According to the report of Securities Times E Company, relevant statistics show that at least 500 Chinese-funded enterprises have encountered tax and compliance investigations in India, which is the largest and most far-reaching systemic crisis faced by Chinese-funded enterprises since they entered India.
Zhao, a spokesman for the Ministry of Foreign Affairs of China, said that China is highly concerned about the China government's consistent demand for China enterprises to operate legally overseas, while firmly supporting China enterprises to safeguard their legitimate rights and interests.
India accused vivo of tax evasion of nearly 65.438+0.9 billion yuan. According to foreign media reports, India's General Administration of Taxation and Information (DRI) issued an announcement accusing vivo of tax evasion of 226.5438+0.7 billion rupees (about 65.438+0.89 billion yuan).

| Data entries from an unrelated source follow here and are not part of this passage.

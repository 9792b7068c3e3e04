-- ===== src/Log/Install.antt =====
-- `install_trans` of src/log.c: what the file system's sectors hold after any number of its rounds.
use pinky_os.Prelude.{
  ℕ, zero, suc, ◌+◌, ◌≤◌, ◌<◌, ◌≡◌, refl, ap, ◌∙◌, inl, inr, Option, none, some, [], arith, ◌==◌,
  if◌then◌else◌, Option-cases, length, set, length-set, get_or-set_self, get_or-set_ne,
}
use pinky_os.Outcome.{ok}
use pinky_os.Ide.{Block, Disk, sector_at}
use pinky_os.Bio.{Store}
use pinky_os.Bio.Coherence.{visible}
use pinky_os.Bio.Rewrite.{Calm, Leaves, overlay}
use pinky_os.Bio.CopyOver.{copy_over}
use pinky_os.Log.{Log, log_block, home, install_one, install_from}

-- The last of the m entries from `tail` on that is for a sector.
abbrev pub last : Log → (tail m sector : ℕ) → Option ℕ
last lg tail zero k = none
last lg tail (suc m) k = elim (last lg (tail + 1) m k) [
  | some i ↦ some i
  | none ↦ if home lg tail == k then some tail else none
]

abbrev replaced : Log → (ℕ → Block) → ℕ → Option ℕ → Block
replaced lg view k none = view k
replaced lg view k (some i) = view (log_block lg i)

-- The sectors after the installation of m entries from `tail` on: each entry's sector has the block
-- that the log holds for it.
unfoldable pub installed : Log → (ℕ → Block) → (tail m : ℕ) → ℕ → Block
installed lg view tail m k = replaced lg view k (last lg tail m k)

-- The m entries from `tail` on have their blocks and their homes on disk 1, the homes below the log.
pub record Fits (lg : Log) (tail m len : ℕ) : Type 0 where
  pub dev : lg.dev ≡ 1
  pub room : lg.start + tail + m < len
  pub homes : (i : ℕ) → tail ≤ i → i < tail + m → home lg i < lg.start

tail-Fits : {lg : Log} {tail m len : ℕ} → Fits lg tail (suc m) len → Fits lg (tail + 1) m len
tail-Fits f = record {
  dev = f.dev;
  room = (let r = f.room in omega arith);
  homes = λ i a b. f.homes i (omega arith) (omega arith);
}

pub last-range :
    (lg : Log) (tail m k i : ℕ)
    → last lg tail m k ≡ some i
    → (tail ≤ i) × (i < tail + m) × (home lg i ≡ k)
last-range lg tail zero k i e = cc
last-range lg tail (suc m) k i e =
    ground (arith, last-range lg (tail + 1) m k i, ap (home lg) {x = tail} {y = i})

-- The log area is above every home, so an installation leaves it alone.
pub installed-log :
    (lg : Log) (view : ℕ → Block) (tail m len k : ℕ)
    → Fits lg tail m len
    → lg.start ≤ k
    → installed lg view tail m k ≡ view k
unfolding installed
installed-log lg view tail m len k f h = elim (Option-cases (last lg tail m k)) [
  | inl e ↦ rw e
  | inr (i, e) ↦ let r = last-range lg tail m k i e in absurd (ground (arith, f.homes i))
]

install_one_lem :
    {s : Store} (lg : Log) (tail m : ℕ)
    → Calm s
    → Fits lg tail (suc m) (length s.disk)
    → (t : Store) × (install_one s lg tail ≡ ok t)
      × Leaves
          (set s.disk (home lg tail) (visible s (log_block lg tail)))
          (overlay (visible s) (home lg tail) (visible s (log_block lg tail)))
          t
unfolding install_one
install_one_lem {s} lg tail m c f =
    let low = f.homes tail (omega arith) (omega arith) in
    let room = f.room in
    let (src, dst, u, v, t, e1, e2, e3, e4, e5, left) =
      copy_over {k = log_block lg tail} {m = home lg tail} c (λ e. omega arith) (omega arith)
        (omega arith) in
    (t, rw (f.dev, e1, e2, e3, e4, e5), left)

-- One entry and then the rest are all of them.
installed_step :
    (lg : Log) (view view' : ℕ → Block) (tail m len k : ℕ)
    → Fits lg tail (suc m) len
    → ((j : ℕ) → view' j ≡ overlay view (home lg tail) (view (log_block lg tail)) j)
    → installed lg view' (tail + 1) m k ≡ installed lg view tail (suc m) k
unfolding installed
installed_step lg view view' tail m len k f e =
    let low = f.homes tail (omega arith) (omega arith) in
    elim (Option-cases (last lg (tail + 1) m k)) [
      | inl none_later ↦ rw none_later (ground (arith, e k))
      | inr (i, later) ↦
          rw later (ground (arith, e (log_block lg i), last-range lg (tail + 1) m k i later))
    ]

-- The log's blocks are on the disk as they are seen through the cache.
abbrev pub LogOnDisk : Store → Log → (tail m : ℕ) → Type 0
LogOnDisk s lg tail m =
    (i : ℕ)
    → tail ≤ i
    → i < tail + m
    → visible s (log_block lg i) ≡ sector_at s.disk (log_block lg i)

pub record Installs (s : Store) (lg : Log) (tail m : ℕ) (t : Store) : Type 0 where
  pub calm : Calm t
  pub size : length t.disk ≡ length s.disk
  pub seen : (k : ℕ) → visible t k ≡ installed lg (visible s) tail m k
  pub stored :
      LogOnDisk s lg tail m
      → (k : ℕ) → sector_at t.disk k ≡ installed lg (sector_at s.disk) tail m k

pub sector_at-set :
    (d : Disk) (i k : ℕ) (b : Block)
    → i < length d
    → sector_at (set d i b) k ≡ overlay (sector_at d) i b k
sector_at-set d i k b h = ground (
  arith,
  get_or-set_self d i b [] h,
  get_or-set_ne d i k b [],
  ap (sector_at (set d i b)) {x = k} {y = i},
)

-- After one round of the loop and the rounds that follow it.
Installs-step :
    {s t1 t : Store} (lg : Log) (tail m : ℕ)
    → Fits lg tail (suc m) (length s.disk)
    → Leaves
        (set s.disk (home lg tail) (visible s (log_block lg tail)))
        (overlay (visible s) (home lg tail) (visible s (log_block lg tail)))
        t1
    → Installs t1 lg (tail + 1) m t
    → Installs s lg tail (suc m) t
Installs-step {s} {t1} {t} lg tail m f l n =
    let low = f.homes tail (omega arith) (omega arith) in
    let room = f.room in
    record {
      calm = n.calm;
      size = n.size ∙ ap length l.disk_is ∙ length-set s.disk (home lg tail) _;
      seen = λ k. n.seen k ∙ installed_step lg (visible s) (visible t1) tail m _ k f l.view_is;
      stored = λ on k.
          let step = λ (j : ℕ).
            ap (λ (d : Disk). sector_at d j) l.disk_is
            ∙ sector_at-set s.disk (home lg tail) j (visible s (log_block lg tail)) (omega arith)
            ∙ ap (λ (b : Block). overlay (sector_at s.disk) (home lg tail) b j)
                (on tail (omega arith) (omega arith)) in
          n.stored
            (λ i a b. ground (arith, l.view_is (log_block lg i), step (log_block lg i), on i)) k
          ∙ installed_step lg (sector_at s.disk) (sector_at t1.disk) tail m _ k f step;
    }

-- From an idle, coherent cache with two buffers free (`Calm`), any number of rounds of
-- `install_trans` whose entries fit (`Fits`: their blocks on disk 1, their sectors below the log)
-- returns with such a cache, in which each sector that the entries name is seen to hold its last
-- block of the log, and every other sector what it held. If the log's blocks were on the disk, the
-- disk holds the same.
pub install_from_lem :
    (s : Store) (lg : Log) (tail m : ℕ)
    → Calm s
    → Fits lg tail m (length s.disk)
    → (t : Store) × (install_from s lg tail m ≡ ok t) × Installs s lg tail m t
unfolding install_from installed
install_from_lem s lg tail zero c f =
    (s, refl, record { calm = c; size = refl; seen = λ k. refl; stored = λ on k. refl })
install_from_lem s lg tail (suc m) c f =
    let (t1, e1, l) = install_one_lem lg tail m c f in
    let size : length t1.disk ≡ length s.disk =
      (ap length l.disk_is ∙ length-set s.disk (home lg tail) _) in
    let (t, e, n) = install_from_lem t1 lg (tail + 1) m l.calm (rw size (tail-Fits f)) in
    (t, rw e1 e, Installs-step lg tail m f l n)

According to previous reports, in early July this year, the Indian financial crime crackdown agency raided vivo's office and frozen 1 19 bank accounts related to the Indian business of vivo and its affiliated companies, with an account holding 4.65 billion rupees (about 390 million yuan). Today, DRI claimed to have discovered the tax evasion of vivo, and the Indian company of vivo deliberately made false declarations in the descriptions of some imported products. The agency has sent a notice to vivo.
DRI accused vivo India of receiving unqualified tax exemption with a total amount of rupees. 2,265,438+700 million, and has sent a reason explanation to vivo India Company, and requested to levy Rs tariff. 2265438+700 million.

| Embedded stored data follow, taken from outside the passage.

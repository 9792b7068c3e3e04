-- ===== src/Log/Transaction.antt =====
-- A transaction of src/log.c as its callers in src/fs.c make it: each reads a sector, changes the
-- bytes, calls log_write and releases the buffer.
use pinky_os.Prelude.{
  ℕ, ◌+◌, ◌-◌, ◌^◌, ◌≤◌, ◌<◌, ◌≡◌, sym, ap, ◌∙◌, ◌≢◌, inl, inr, Bool, false, arith, leb, ◌==◌,
  if◌then◌else◌, eq_of_test, ne_of_test, test_of_ne, eq_self, Bool-cases, length, length-set,
}
use mathlib.Core.Path.{subst}
use pinky_os.Outcome.{ok}
use pinky_os.Ide.{Block, Disk, sector_at}
use pinky_os.Bio.{Store, bread, bwrite, brelse, fill, is_free}
use pinky_os.Bio.Slots.{has, count}
use pinky_os.Bio.Coherence.{visible}
use pinky_os.Bio.Get.{Got, bread_lem}
use pinky_os.Bio.Transfer.{Got-Holding, fill_lem}
use pinky_os.Bio.Rewrite.{Reads-ok, overlay, bread-Calm, fill-other}
use pinky_os.Bio.Mark.{marked, Pinned, Appended}
use pinky_os.Bio.Append.{append_lem, apart}
use pinky_os.Log.{Log, log_block, home, entry, log_write}
use pinky_os.Log.Install.{sector_at-set}
use pinky_os.Log.Entries.{Taken, next_n, entered, entry-Taken, home-entered, entered-Once}
use pinky_os.Log.Session.{alter, Txn, Txn-Calm, count_fill}

module _ {d0 : Disk} {lg : Log} {s : Store} (t : Txn d0 lg s) (few : lg.n ≤ 7) (k : ℕ)
    (low : k < lg.start) where
  -- The log block's buffer can be read while the first is held.
  read_second :
      (bytes : Block) (one : ℕ × Store) (m : ℕ)
      → Got s k one
      → m ≢ k
      → m < length s.disk
      → (two : ℕ × Store) × (bread (fill one.1 one.0 bytes) 1 m ≡ ok two)
        × Got (fill one.1 one.0 bytes) m two
  read_second bytes one m g ne range =
      let f = (fill_lem bytes (Got-Holding g)).0 in
      let free = t.free in
      let left = g.room in
      let same = count_fill one bytes one.1.mru in
      let filled = fill one.1 one.0 bytes in
      Reads-ok filled m (bread filled 1 m)
        (bread_lem filled m f.coherent (let size = ap length g.disk_kept in omega arith))
        (λ (i, h, p, b). elim (Bool-cases (i == one.0)) [
          | inl e ↦ ground (
            arith,
            ap (λ (x : ℕ). (filled.buf x).sector) (eq_of_test i one.0 e),
            eq_self one.0,
            g.sector,
          )
          | inr e ↦
              let ni = ne_of_test i one.0 e in
              ground (
                arith,
                fill-other one.1 one.0 i bytes ni,
                g.others i ni,
                t.idle i,
                ap (has i) g.mru_kept,
              )
        ])
        (omega arith)

  abbrev e : ℕ
  e = entry lg k 0 lg.n

  abbrev lb : ℕ
  lb = log_block lg e

  taken : Taken lg k e (next_n lg e)
  taken = entry-Taken lg k t.once

  home_is : (i : ℕ) → home (entered lg k) i ≡ (if i == e then k else home lg i)
  home_is i = home-entered lg k i t.entries (let b = taken.below in omega arith)

  -- `log_write` of the first buffer, by the pieces that it calls.
  log_write_is :
      (u : Store) (i l : ℕ) (two after between : Store)
      → (u.buf i).sector ≡ k
      → (u.buf i).dev ≡ 1
      → bread u 1 lb ≡ ok (l, two)
      → two.buf i ≡ u.buf i
      → bwrite (fill two l (u.buf i).bytes) l ≡ ok after
      → brelse after l ≡ ok between
      → log_write u lg i ≡ ok (entered lg k, marked between i)
  unfolding log_write
  log_write_is u i l two after between at dev r same w b =
      let room = t.capacity in
      let active = t.active in
      let g1 : leb 10 lg.n ≡ false = ground arith in
      let g2 : leb (lg.size - 1) lg.n ≡ false = ground arith in
      rw (g1, g2, active, at, dev, r, same, w, b)

  -- What the change leaves, before the log's fields are looked at.
  altered :
      (change : Block → Block)
      → (t' : Store) × (alter s lg 1 k change ≡ ok (entered lg k, t'))
        × Appended s k lb (change (visible s k)) t'
  unfolding alter
  altered change =
      let room = t.room in
      let b = taken.below in
      let (one, e1, g) = bread-Calm {s = s} {k = k} (Txn-Calm t (omega arith)) (omega arith) in
      let bytes = change (visible s k) in
      let (two, e2, h) = read_second bytes one lb g (λ p. omega arith) (omega arith) in
      let (w, r1, r2, a) = append_lem bytes t.coherent t.idle g h in
      let filled = fill one.1 one.0 bytes in
      let fb : (filled.buf one.0).bytes ≡ bytes = rw (eq_self one.0) in
      let fs : (filled.buf one.0).sector ≡ k = (rw (eq_self one.0) g.sector) in
      let fd : (filled.buf one.0).dev ≡ 1 = (rw (eq_self one.0) g.dev) in
      let lw =
        log_write_is filled one.0 two.0 two.1 _ _ fs fd e2
          (h.others one.0 (apart bytes t.coherent t.idle g h))
          (ap (λ (x : Block). bwrite (fill two.1 two.0 x) two.0) fb ∙ w) r1 in
      (_, rw (e1, g.bytes, lw, r2), a)

  -- The transaction goes on, with the entry for the sector.
  module _ (small : k < 2 ^ 32) (bytes : Block) (t' : Store) (a : Appended s k lb bytes t') where
    disk_at : (j : ℕ) → sector_at t'.disk j ≡ overlay (sector_at s.disk) lb bytes j
    disk_at j =
        ap (λ (d : Disk). sector_at d j) a.disk
        ∙ sector_at-set s.disk lb j bytes (let room = t.room in let b = taken.below in omega arith)

    sees_low : (j : ℕ) → j < lg.start → visible t' j ≡ overlay (visible s) k bytes j
    sees_low j h = ground (arith, a.view j)

    sees_high : (j : ℕ) → lg.start ≤ j → visible t' j ≡ overlay (visible s) lb bytes j
    sees_high j h = ground (arith, a.view j)

    home_own : home (entered lg k) e ≡ k
    home_own = home_is e ∙ rw (eq_self e)

    home_other : (i : ℕ) → i ≢ e → home (entered lg k) i ≡ home lg i
    home_other i ne = home_is i ∙ rw (test_of_ne i e ne)

    by_entry :
        {P : ℕ → Type 0}
        → P e
        → ((i : ℕ) → i < next_n lg e → i ≢ e → i < lg.n → home lg i ≢ k → P i)
        → (i : ℕ) → i < next_n lg e
        → P i
    by_entry {P} here there i h = elim (Bool-cases (i == e)) [
      | inl q ↦ subst P (sym (eq_of_test i e q)) here
      | inr q ↦ let ne = ne_of_test i e q in let o = taken.others i h ne in there i h ne o.0 o.1
    ]

    free_again : 10 ≤ count is_free t'.buf t'.mru + next_n lg e
    free_again = elim (Bool-cases (e == lg.n)) [
      | inl q ↦
          let n = taken.new (eq_of_test e lg.n q) in let r = a.room in let f = t.free in omega arith
      | inr q ↦
          let ne = ne_of_test e lg.n q in
          let (n, at) = taken.again ne in
          let b = taken.below in
          let r = a.room_again (subst (Pinned s) at (t.held e (omega arith))) in
          let f = t.free in omega arith
    ]

    pub goes_on : Txn d0 (entered lg k) t'
    goes_on = record {
      coherent = a.coherent;
      idle = a.idle;
      free = free_again;
      dev = t.dev;
      active = t.active;
      capacity = t.capacity;
      room =
          (let l = ap length a.disk ∙ length-set s.disk lb bytes in let r = t.room in omega arith);
      entries = length-set lg.sectors e k ∙ t.entries;
      homes =
          by_entry {P = λ i. home (entered lg k) i < lg.start} (let h = home_own in omega arith)
            (λ i h ne old far. let o = home_other i ne in let x = t.homes i old in omega arith);
      words = λ i. let h = home_is i in let w = t.words i in ground (arith, h);
      once = entered-Once lg k t.entries (omega arith) t.once;
      held =
          by_entry {P = λ i. Pinned t' (home (entered lg k) i)}
            (subst (Pinned t') (sym home_own) a.pinned)
            (λ i h ne old far.
              subst (Pinned t') (sym (home_other i ne))
                (a.kept (home lg i) (λ p. let x = t.homes i old in omega arith) (t.held i old)));
      logged =
          by_entry
            {P = λ i. sector_at t'.disk (log_block lg i) ≡ visible t' (home (entered lg k) i)}
            (disk_at lb
              ∙ ap (λ (c : Bool). if c then bytes else sector_at s.disk lb) (eq_self lb)
              ∙ sym (
                  ap (visible t') home_own
                  ∙ sees_low k low
                  ∙ ap (λ (c : Bool). if c then bytes else visible s k) (eq_self k)))
            (λ i h ne old far.
              disk_at (log_block lg i)
              ∙ ap (λ (c : Bool). if c then bytes else sector_at s.disk (log_block lg i))
                  (test_of_ne (log_block lg i) lb (λ p. ne (omega arith)))
              ∙ t.logged i old
              ∙ sym (
                  ap (visible t') (home_other i ne)
                  ∙ sees_low (home lg i) (t.homes i old)
                  ∙ ap (λ (c : Bool). if c then bytes else visible s (home lg i))
                      (test_of_ne (home lg i) k far)));
      log_seen = λ j h.
          sees_high j h
          ∙ ap (λ (x : Block). if j == lb then bytes else x) (t.log_seen j h)
          ∙ sym (disk_at j);
      below = λ j h.
          disk_at j
          ∙ ap (λ (c : Bool). if c then bytes else sector_at s.disk j)
              (test_of_ne j lb (λ p. omega arith))
          ∙ t.below j h;
      size = ap length a.disk ∙ length-set s.disk lb bytes ∙ t.size;
      rest = λ j h far.
          let c = taken.counted in
          let nk : j ≢ k = (λ p. far e c (home_own ∙ sym p)) in
          let old : (i : ℕ) → i < lg.n → home lg i ≢ j = (λ i hi p. elim (Bool-cases (i == e)) [
            | inl q ↦
                let same = eq_of_test i e q in
                nk (sym p ∙ ap (home lg) same ∙ (taken.again (λ z. omega arith)).1)
            | inr q ↦
                far i (let g = taken.grows in omega arith) (home_other i (ne_of_test i e q) ∙ p)
          ]) in
          sees_low j h
          ∙ ap (λ (c : Bool). if c then bytes else visible s j) (test_of_ne j k nk)
          ∙ t.rest j h old
          ∙ sym (
              disk_at j
              ∙ ap (λ (c : Bool). if c then bytes else sector_at s.disk j)
                  (test_of_ne j lb (λ p. omega arith)));
    }

  -- In a transaction of at most seven sectors, a sector below the log is read, changed and logged:
  -- the calls return, the transaction goes on with at most one sector more, the sector is seen
  -- changed, and the others below the log as before.
  pub alter_lem :
      (change : Block → Block)
      → k < 2 ^ 32
      → (t' : Store) × (alter s lg 1 k change ≡ ok (entered lg k, t'))
        × Txn d0 (entered lg k) t'
        × ((entered lg k).n ≤ lg.n + 1)
        × ((j : ℕ) → j < lg.start → visible t' j ≡ overlay (visible s) k (change (visible s k)) j)
  alter_lem change small =
      let (t', r, a) = altered change in
      (
        t',
        r,
        goes_on small (change (visible s k)) t' a,
        ground arith,
        sees_low small (change (visible s k)) t' a,
      )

Due to "well-known" reasons, the team has withdrawn from India.
Since the beginning of this year, the operating environment of domestic mobile phone market is not good, and the dependence of China mobile phone manufacturers on overseas markets is becoming more and more obvious. However, in India, Xiaomi, OPPO and vivo have been targeted by relevant Indian departments, casting a shadow over the development of Chinese enterprises in India.
On the evening of July 2 1, after the launch of glory new products, Zhao Ming, CEO of glory, accepted a collective interview with the media. Regarding the Indian market, Zhao Ming said that Glory had a team in India a few years ago, which has been operating for a long time. Later, due to well-known reasons, the glorious Indian team withdrew. At present, glory still has partners in India and has started related businesses. At the same time, the Indian market has always been profitable, and Glory will conduct business in the Indian market in a very safe way in the future.
Judging from the market ranking, compared with Xiaomi, OPPO and vivo, the Indian market is much less important to glory, and the choice of glory may be difficult to be a reference for the other three major manufacturers.